Box's words gave rise to the aphorism that ‘all models are wrong, but some are useful’. We suggest that our models are indeed useful in understanding Australian pyrogeography, and specifically the processes that drive the geographic distribution of pyromes. Decisions are inevitably made regarding the level of precision required of a model, and the extent to which this is traded off against overparameterization (Fig. 1). In the case of our models, this was done using expert elicitation, rather than a formal quantitative analysis.

Gosper et al. (in press) further argue that our results could misinform fire management, because managers could infer that the bioregion's eucalypt woodland can tolerate significant increases in fire frequency. Rather than being misinformation on our part, it seems that if managers were to base fire management prescriptions on a continental-scale pyromes map, that would be a case of mis-use of our work – akin to a seafarer navigating using a small-scale map of the world's oceans, or a national park manager using only a global vegetation map (e.g. Fig. 1a).

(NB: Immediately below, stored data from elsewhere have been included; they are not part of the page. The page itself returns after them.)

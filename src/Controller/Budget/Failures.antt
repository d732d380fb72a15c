-- ===== src/Controller/Budget/Failures.antt =====
-- How a reconciliation changes the count of consecutive failures.
use artifact_controller.Prelude.{
  String, false, ◌≡◌, ◌⊎◌, arith, Option, none, some, is_none, if◌then◌else◌,
}
use artifact_controller.Prelude.Int.{ℤ, ◌<ℤ◌, leb_ℤ, inc32}
use artifact_controller.Prelude.Result.{Result, ok, err}
use artifact_controller.Toolkit.{Toolkit, Input}
use artifact_controller.Api.Json.{Object}
use artifact_controller.Api.Artifact.{ArtifactStatus}
use artifact_controller.Api.Conditions.{Reason, State}
use artifact_controller.Api.ArtifactClass.{ArtifactClass, GeneratorSpec, Backoff, effective_backoff}
use artifact_controller.Controller.Session.{Cluster, Session}
use artifact_controller.Controller.Run.{delete_abandoned_run, ensure_generator_watch}
use artifact_controller.Controller.Failure.{
  record_attempt_failure, failed_status, exhaust_budget, back_off,
}
use artifact_controller.Controller.Evaluate.{
  evaluate_run, evaluate_unfailed, verify_success, note_success, await_artifact, diagnose,
  watch_progress, Diagnosis,
}
use artifact_controller.Controller.Create.{create_run, submit_run, adopt, create_refused, created}
use artifact_controller.Controller.Missing.{
  reconcile_missing, note_absence, without_generator, drive_generator, budget_exhausted,
  answer_in_flight, start_attempt, backing_off,
}

module _ {k : Toolkit} where
  abbrev pub failures : Session k → ℤ
  failures s = s.obj.status.failed_attempts

  -- The failure of an attempt is in the status: it is counted and dated, the run is forgotten, and
  -- the Artifact is degraded where the budget is used up.
  pub record Failed (b : Backoff) (now : ℤ) (before : ℤ) (r : Session k) : Type 0 where
    pub counted : failures r ≡ inc32 before
    pub dated : r.obj.status.last_failure_time ≡ some now
    pub forgotten : r.obj.status.generator_ref ≡ none
    pub parked :
        r.obj.status.state
        ≡ (if leb_ℤ b.max_attempts (inc32 before) then State.degraded else State.generating)

module _ {k : Toolkit} (c : Cluster) where
  record_attempt_failure-Failed :
      (r : Reason) (msg : String) (now : ℤ) (b : Backoff) (s : Session k)
      → Failed b now (failures s) (record_attempt_failure k c r msg now b s).0
  unfolding record_attempt_failure failed_status exhaust_budget back_off
  record_attempt_failure-Failed r msg now b s = ground arith

  verify_success-failures :
      (class : ArtifactClass) (run : Object) (now : ℤ) (b : Backoff) (s : Session k)
      → (failures (verify_success k c class run now b s).0 ≡ failures s)
        ⊎ Failed b now (failures s) (verify_success k c class run now b s).0
  unfolding verify_success note_success await_artifact
  verify_success-failures class run now b s = grind (arith, record_attempt_failure-Failed)

  watch_progress-failures :
      (class : ArtifactClass) (run : Object) (d : Diagnosis k c) (now : ℤ) (b : Backoff)
      (s : Session k)
      → (failures (watch_progress k c class run d now b s).0 ≡ failures s)
        ⊎ Failed b now (failures s) (watch_progress k c class run d now b s).0
  unfolding watch_progress
  watch_progress-failures class run d now b s = grind (arith, record_attempt_failure-Failed)

  diagnose-obj :
      (g : GeneratorSpec) (run : Object) (now : ℤ) (s : Session k)
      → (diagnose k c g run now s).1.obj ≡ s.obj
  unfolding diagnose
  diagnose-obj g run now s = ground arith

  evaluate_unfailed-failures :
      (class : ArtifactClass) (g : GeneratorSpec) (run : Object) (now : ℤ) (b : Backoff)
      (s : Session k)
      → (failures (evaluate_unfailed k c class g run now b s).0 ≡ failures s)
        ⊎ Failed b now (failures s) (evaluate_unfailed k c class g run now b s).0
  unfolding evaluate_unfailed
  evaluate_unfailed-failures class g run now b s =
      grind (arith, verify_success-failures, watch_progress-failures, diagnose-obj)

  evaluate_run-failures :
      (class : ArtifactClass) (g : GeneratorSpec) (run : Object) (now : ℤ) (b : Backoff)
      (s : Session k)
      → (failures (evaluate_run k c class g run now b s).0 ≡ failures s)
        ⊎ Failed b now (failures s) (evaluate_run k c class g run now b s).0
  unfolding evaluate_run
  evaluate_run-failures class g run now b s =
      grind (arith, record_attempt_failure-Failed, evaluate_unfailed-failures)

  submit_run-failures :
      (in_ : Input) (run : Object) (s : Session k)
      → failures (submit_run k c in_ run s).0 ≡ failures s
  unfolding submit_run adopt create_refused created
  submit_run-failures in_ run s = ground arith

  create_run-failures :
      (g : GeneratorSpec) (in_ : Input) (s : Session k)
      → failures (create_run k c g in_ s).0 ≡ failures s
  unfolding create_run ensure_generator_watch
  create_run-failures g in_ s = grind (arith, submit_run-failures)

  start_attempt-failures :
      (g : GeneratorSpec) (in_ : Input) (now : ℤ) (next : Option ℤ) (s : Session k)
      → failures (start_attempt k c g in_ now next s).0 ≡ failures s
  unfolding start_attempt backing_off
  start_attempt-failures g in_ now none s = create_run-failures g in_ s
  start_attempt-failures g in_ now (some next) s = grind (arith, create_run-failures)

  answer_in_flight-failures :
      (class : ArtifactClass) (g : GeneratorSpec) (r : Result Object) (now : ℤ) (b : Backoff)
      (s : Session k)
      → (failures (answer_in_flight k c class g r now b s).0 ≡ failures s)
        ⊎ Failed b now (failures s) (answer_in_flight k c class g r now b s).0
  unfolding answer_in_flight
  answer_in_flight-failures class g (ok run) now b s = evaluate_run-failures class g run now b s
  answer_in_flight-failures class g (err e) now b s = ground arith

  -- A failure is recorded for the run in flight, within the budget.
  pub record Spent (class : ArtifactClass) (now : ℤ) (st : ArtifactStatus) (r : Session k)
      : Type 0 where
    pub in_flight : is_none st.generator_ref ≡ false
    pub within : st.failed_attempts <ℤ (effective_backoff class).max_attempts
    pub recorded : Failed (effective_backoff class) now st.failed_attempts r

  drive_generator-failures :
      (class : ArtifactClass) (g : GeneratorSpec) (in_ : Input) (now : ℤ) (s : Session k)
      → (failures (drive_generator k c class g in_ now s).0 ≡ failures s)
        ⊎ Spent class now s.obj.status (drive_generator k c class g in_ now s).0
  unfolding drive_generator budget_exhausted
  drive_generator-failures class g in_ now s =
      grind (arith, answer_in_flight-failures, start_attempt-failures)

  without_generator-failures :
      (class : ArtifactClass) (in_ : Input) (s : Session k)
      → failures (without_generator k c class in_ s).0 ≡ failures s
  unfolding without_generator delete_abandoned_run
  without_generator-failures class in_ s = ground arith

  pub reconcile_missing-failures :
      (class : ArtifactClass) (in_ : Input) (now : ℤ) (s : Session k)
      → (failures (reconcile_missing k c class in_ now s).0 ≡ failures s)
        ⊎ Spent class now s.obj.status (reconcile_missing k c class in_ now s).0
  unfolding reconcile_missing note_absence
  reconcile_missing-failures class in_ now s =
      grind (arith, without_generator-failures, drive_generator-failures)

Gosper et al. (in press) need to acknowledge the limits of the local data they cite, which present managers with substantial ‘blind spots’. They provide no information on how fire regimes have changed in response to climate variability, introduction of domestic livestock and feral herbivores and the cessation of Aboriginal fire management. Various data can be used to estimate these effects although they can't be readily validated or reliably generalized across vast landscapes.

Debates about the scale, accuracy and approaches to biogeographic mapping hinge on the purpose of the mapping exercises. The intent of our integrative approach was to develop and refine conceptual models of Australian pyrogeography, based on spatial representations of key pyrogeographic variables. Such conceptual models are essential for the ongoing refinement of mechanistic predictive models, which provide a pathway to analyse data from other settings, and to incorporate new data within the Australian domain. Emerging pyrogeographic models are critical to understanding climate change and carbon dynamics, especially at the regional and global scales. Clearly, such generic models are of limited value for local-scale management of fire regimes and fire-sensitive biota that demand more detailed local information.